The method for the determination of Prekallikrein Activator (PKA) in human plasma derived products is based on the activation of a prekallikrein preparation from human plasma. The PKA present in the sample activates plasma prekallikrein to plasma kallikrein, which then hydrolyses a chromogenic peptide substrate for plasma kallikrein. The amount of colour generated is monitored spectrophotometrically and is directly proportional to the amount of PKA present in the sample.

Just Positive™ Prekallikrein Activator (PKA) control can be used as a borderline positive control for the assay of PKA.

5 x 0.5ml vials composed of Just Positive™ Prekallikrein Activator (PKA) Control is prepared from a plasma fraction containing PKA.

The expiry date printed on the bottle labels refers to the storage of unopened bottles stored at 2 to 8°C.

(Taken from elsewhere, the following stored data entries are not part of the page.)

-- ===== src/Resolvers/Forwarding/Query.antt =====
-- internal/resolvers/forwarding_resolver.go: Resolve and queryAndCache. What another goroutine with
-- the same question does is an argument; only the failures and the cache change.
use hydra_dns.Base.{
  ℕ, zero, suc, ◌+◌, ◌%◌, [], length, get_or, none, some, not, if◌then◌else◌, Result, ok, err,
  Bytes,
}
use hydra_dns.Dns.Packet.{Packet}
use hydra_dns.Resolvers.Answer.{
  Answer, answered, failed, Failure, context_cancelled, no_upstream, network_error, crashed,
  upstream_cache, upstream_inflight, upstream,
}
use hydra_dns.Resolvers.Message.{patch_transaction_id}
use hydra_dns.Resolvers.Cache.{get_with_age}
use hydra_dns.Resolvers.Upstreams.{can_try_upstream, select_upstream, mark_failed, mark_healthy}
use hydra_dns.Resolvers.Ageing.{adjust_ttls}
use hydra_dns.Resolvers.Forwarding.{
  Network, CacheKey, same_key, ForwardingResolver, upstreams, cache_key, validate_response,
  store_in_cache, prepare_query_bytes, find_upstream_index,
}

module _ {W : Type 0} (net : Network W) where
  -- What follows a response that was received from the upstream, in the state after it.
  unfoldable pub accept_response :
      CacheKey → Packet → Bytes → ForwardingResolver → W → Answer × ForwardingResolver × W
  unfolding store_in_cache
  accept_response key req resp f w = elim (validate_response req resp) [
    | some why ↦ (failed why, f, w)
    | none ↦
        let norm = patch_transaction_id resp 0 in
        (answered norm upstream, store_in_cache (net.clock w 0) (net.clock w 1) key norm f, w)
  ]

  -- The loop over the upstreams: so many rounds are left, the next is the j-th, and `last` is
  -- lastErr.
  unfoldable pub query_loop :
      CacheKey
      → Packet
      → Bytes
      → ℕ
      → ℕ
      → ℕ
      → Failure
      → ForwardingResolver
      → W
      → Answer × ForwardingResolver × W
  unfolding accept_response
  query_loop key req query_bytes start_idx zero j last f w = (failed last, f, w)
  query_loop key req query_bytes start_idx (suc left) j last f w =
      let u = get_or (upstreams f) ((start_idx + j) % length (upstreams f)) [] in
      let (usable, failures) = can_try_upstream (net.clock w j) u f.upstream_failed_at in
      let (resp, w') = net.query_one u query_bytes w in
      let skipped =
        query_loop key req query_bytes start_idx left (suc j) last
          (record f { upstream_failed_at = failures }) w in
      let after =
        query_loop key req query_bytes start_idx left (suc j) network_error
          (record f { upstream_failed_at = mark_failed (net.clock w' 0) u failures }) w' in
      if net.cancelled w
      then (failed context_cancelled, f, w)
      else if not usable
      then skipped
      else elim resp [
        | none ↦ after
        | some b ↦
            accept_response key req b (record f { upstream_failed_at = mark_healthy u failures }) w'
      ]

  unfoldable pub query_and_cache :
      CacheKey → Packet → Bytes → ForwardingResolver → W → Answer × ForwardingResolver × W
  unfolding query_loop
  query_and_cache key req req_bytes f w = elim (prepare_query_bytes f req req_bytes) [
    | err e ↦ (failed crashed, f, w)
    | ok query_bytes ↦
        query_loop key req query_bytes (find_upstream_index f key.up) (length (upstreams f)) 0
          no_upstream f w
  ]

-- The query for the same key that another goroutine has under way: none, one that ends with an
-- answer, or one that is not awaited since the context is done.
pub data Inflight : Type 0 where
  alone : Inflight
  joined : Answer → Inflight
  given_up : Inflight

-- The answer of a query, with the client's id and the origin.
abbrev pub with_txid : ℕ → Answer → Answer
with_txid txid (answered b o) = answered (patch_transaction_id b txid) o
with_txid txid (failed why) = failed why

abbrev pub shared_answer : ℕ → Answer → Answer
shared_answer txid (answered b o) = answered (patch_transaction_id b txid) upstream_inflight
shared_answer txid (failed why) = failed why

abbrev pub cached_answer : ℕ → Result Bytes → Answer
cached_answer txid (ok adjusted) = answered (patch_transaction_id adjusted txid) upstream_cache
cached_answer txid (err e) = failed crashed

module _ {W : Type 0} (net : Network W) where
  -- After a miss in the cache.
  unfoldable pub resolve_miss :
      Inflight
      → CacheKey
      → Packet
      → Bytes
      → ForwardingResolver
      → W
      → Answer × ForwardingResolver × W
  unfolding query_and_cache
  resolve_miss (joined a) key req req_bytes f w = (shared_answer req.header.id a, f, w)
  resolve_miss given_up key req req_bytes f w = (failed context_cancelled, f, w)
  resolve_miss alone key req req_bytes f w =
      let (a, f', w') = query_and_cache net key req req_bytes f w in
      (with_txid req.header.id a, f', w')

  unfoldable pub forwarding_resolve :
      Inflight → Packet → Bytes → ForwardingResolver → W → Answer × ForwardingResolver × W
  unfolding resolve_miss
  forwarding_resolve inflight req req_bytes f w =
      let (up, failures) =
        select_upstream (net.clock w) f.first_upstream f.other_upstreams f.upstream_failed_at in
      let key = cache_key f req up in
      let (hit, cache') = get_with_age same_key (net.clock w (length (upstreams f))) key f.cache in
      let f' = record f { upstream_failed_at = failures; cache = cache' } in
      elim hit [
        | some (v, age, t) ↦ (cached_answer req.header.id (adjust_ttls v age), f', w)
        | none ↦
            if net.cancelled w
            then (failed context_cancelled, f', w)
            else resolve_miss inflight key req req_bytes f' w
      ]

Additional Material Required

Pathway Diagnostics Prekallikrein Activator (PKA) assay kit, (shown below), or an “in-house” PKA assay:

  • PW30100 Prekallikrein Activator (PKA) assay kit 90 tests
  • PW301EP Prekallikrein Activator (PKA) assay kit 90 tests

Test standardization and limitations

The production and standardization of Just Positive™ Prekallikrein Activator (PKA) Control is controlled by the use of the 2nd International Standard for PKA.

The level of PKA in Just Positive™ Prekallikrein Activator (PKA) Control is batch specific and assigned using the Pathway Diagnostics Prekallikrein Activator (PKA) assay kit. The control is intended as an accuracy control of the Pathway Diagnostics Prekallikrein Activator (PKA) assay, but can also be used as a control in “in-house” PKA assays.

The batch specific control ranges assigned using the Pathway Diagnostics PKA test are shown in the table printed on the reverse side of the insert packaged with the product.